I took him home with me and patched him up. I looked out for him and gave him a place to live for over a month with no questions asked. I talked to him as often as he was up to it, and I controlled my temper when he had the indecency to beat me at cards in my own home. I fought with some worldly monk over him.
I lost him.
I got him back under a new name, one that seemed to suit him so much better.
I offered him a place to live indefinitely. I left on a journey to save the world, not because I was asked or because it was the right thing to do, but because he was going. I fight by his side, at his back, and trust him to do the same for me. I try to make sure that he doesn't push himself too far.

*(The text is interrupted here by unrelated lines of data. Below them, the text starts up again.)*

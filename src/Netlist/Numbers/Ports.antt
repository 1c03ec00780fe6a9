-- ===== src/Netlist/Numbers/Ports.antt =====
-- Edits of the ports keep the numbering of the nets (src/warptap/netlist.py).
use warptap.Base.{
  ℕ, ◌+◌, List, [], Option, none, some, String, ok, ◌≡◌, refl, arith, Option-cases, inl, inr,
  length,
}
use Prim.Native.String.{◌++◌ as append}
use warptap.Base.Dicts.{lookup, assign, remove}
use warptap.Netlist.Data.{Bit, Port, Netname, Module, or_empty}
use warptap.Netlist.{
  wire, name_wire, add_port, detach_port, rename_port, rename_netname, set_port, repoint, wire_at,
}
use warptap.Netlist.Numbers.{
  Each, Each-lookup, Each-assign, Each-remove, Below, PortBelow, NetnameBelow, Numbered, Below-mono,
  fresh_bits, fresh_bits-Below, advanced, advanced-Numbered, alloc_bits-fresh,
}
use warptap.Netlist.Numbers.Wires.{set_port-Numbered, name_wire-Numbered}

pub add_port-Numbered :
    (name direction : String) (width : ℕ) (m : Module)
    → Numbered m
    → Numbered (add_port name direction width m).1
unfolding add_port
add_port-Numbered name direction width m h =
    let there = record m { ports = some (or_empty m.ports) } in
    elim (Option-cases (lookup (or_empty m.ports) name)) [
      | inl absent ↦
          rw (absent, alloc_bits-fresh width there)
            (set_port-Numbered name
              (record { direction = direction; bits = fresh_bits m.next_bit width })
              (advanced width there) (advanced-Numbered width there h)
              (fresh_bits-Below m.next_bit width))
      | inr (port, e) ↦ rw e h
    ]

repoint-Numbered :
    (name : String) (bits : List Bit) (n : ℕ) (netnames : List (String × Netname))
    (entry : Option Netname)
    → Each (NetnameBelow n) netnames
    → Below n bits
    → Each (NetnameBelow n) (repoint netnames name bits entry)
repoint-Numbered name bits n netnames none h p = h
repoint-Numbered name bits n netnames (some entry) h p =
    Each-assign (NetnameBelow n) netnames name (wire_at bits entry) h p

-- What `detach_port` does with a port that is there.
abbrev pub detached : String → Port → Module → Module
detached name port m =
    let bits = fresh_bits m.next_bit (length port.bits) in
    let moved : Port = record port { bits = bits } in
    let m1 = set_port name moved (advanced (length port.bits) m) in
    let m2 = name_wire (append name "_pre_bsr") (wire port.bits []) m1 in
    let netnames = or_empty m2.netnames in
    record m2 { netnames = some (repoint netnames name bits (lookup netnames name)) }

pub detach_port-detached :
    (name : String) (port : Port) (m : Module)
    → lookup (or_empty m.ports) name ≡ some port
    → detach_port name m ≡ (ok port.bits, detached name port m)
unfolding detach_port
detach_port-detached name port m e = rw (e, alloc_bits-fresh (length port.bits) m) refl

detached-Numbered :
    (name : String) (port : Port) (m : Module)
    → Numbered m
    → PortBelow m.next_bit port
    → Numbered (detached name port m)
detached-Numbered name port m h p =
    let width = length port.bits in
    let bits = fresh_bits m.next_bit width in
    let fresh = fresh_bits-Below m.next_bit width in
    let moved : Port = record port { bits = bits } in
    let m1 = set_port name moved (advanced width m) in
    let old : Below (m.next_bit + width) port.bits =
      Below-mono m.next_bit (m.next_bit + width) port.bits (omega arith) p in
    let h1 = set_port-Numbered name moved (advanced width m) (advanced-Numbered width m h) fresh in
    let h2 = name_wire-Numbered (append name "_pre_bsr") (wire port.bits []) m1 h1 old in
    let netnames = assign (or_empty m1.netnames) (append name "_pre_bsr") (wire port.bits []) in
    (
      h2.0,
      h2.1,
      repoint-Numbered name bits (m.next_bit + width) netnames (lookup netnames name) h2.2 fresh,
    )

pub detach_port-Numbered :
    (name : String) (m : Module) → Numbered m → Numbered (detach_port name m).1
detach_port-Numbered name m h = elim (Option-cases (lookup (or_empty m.ports) name)) [
  | inl absent ↦ unfold detach_port in rw absent h
  | inr (port, e) ↦ rw (detach_port-detached name port m e) (
      detached-Numbered name port m h
        (Each-lookup (PortBelow m.next_bit) (or_empty m.ports) name h.0 e))
]

rename_netname-Each :
    (n : ℕ) (old new : String) (netnames : Option (List (String × Netname)))
    → Each (NetnameBelow n) (or_empty netnames)
    → Each (NetnameBelow n) (or_empty (rename_netname netnames old new))
rename_netname-Each n old new none h = h
rename_netname-Each n old new (some d) h = elim (Option-cases (lookup d old)) [
  | inl absent ↦ rw absent h
  | inr (entry, e) ↦ rw e (
      Each-assign (NetnameBelow n) (remove d old) new entry (Each-remove (NetnameBelow n) d old h)
        (Each-lookup (NetnameBelow n) d old h e))
]

pub rename_port-Numbered :
    (old new : String) (m : Module) → Numbered m → Numbered (rename_port old new m).1
unfolding rename_port
rename_port-Numbered old new m h =
    let ports = or_empty m.ports in
    let n = m.next_bit in
    elim (Option-cases (lookup ports old)) [
      | inl absent ↦ rw absent h
      | inr (port, e) ↦ elim (Option-cases (lookup ports new)) [
        | inl free ↦
            rw (e, free)
              (
                Each-assign (PortBelow n) (remove ports old) new port
                    (Each-remove (PortBelow n) ports old h.0)
                    (Each-lookup (PortBelow n) ports old h.0 e),
                h.1,
                rename_netname-Each n old new m.netnames h.2,
              )
        | inr (taken, e') ↦ rw (e, e') h
      ]
    ]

I know his past, what he has done, what he has been through. And I also know that he doesn't cry when the tragedy of his life practically screams for it. He puts on this fake smile and goes through life like a hollow puppet with invisible strings.
He doesn't cry.
I want him to cry.
Until he does, he is living like I was with my figurative red glasses. And at one time I may have even understood, which I actually do, the need to be taken out of this world and all of its too harsh pain where mothers hate and brothers leave.
But…
I saw the green of his eye that night, and it was the most beautiful color that I had ever looked upon.
I want to see it again. I want to look at life and see other colors besides red, the color of my mother's blood. And he needs to live again, to allow himself to feel pain, because without pain there is no happiness or love.
I need to see if the water of his tears is enough to dilute the stain of red marking me in order to allow other colors of life to bleed through.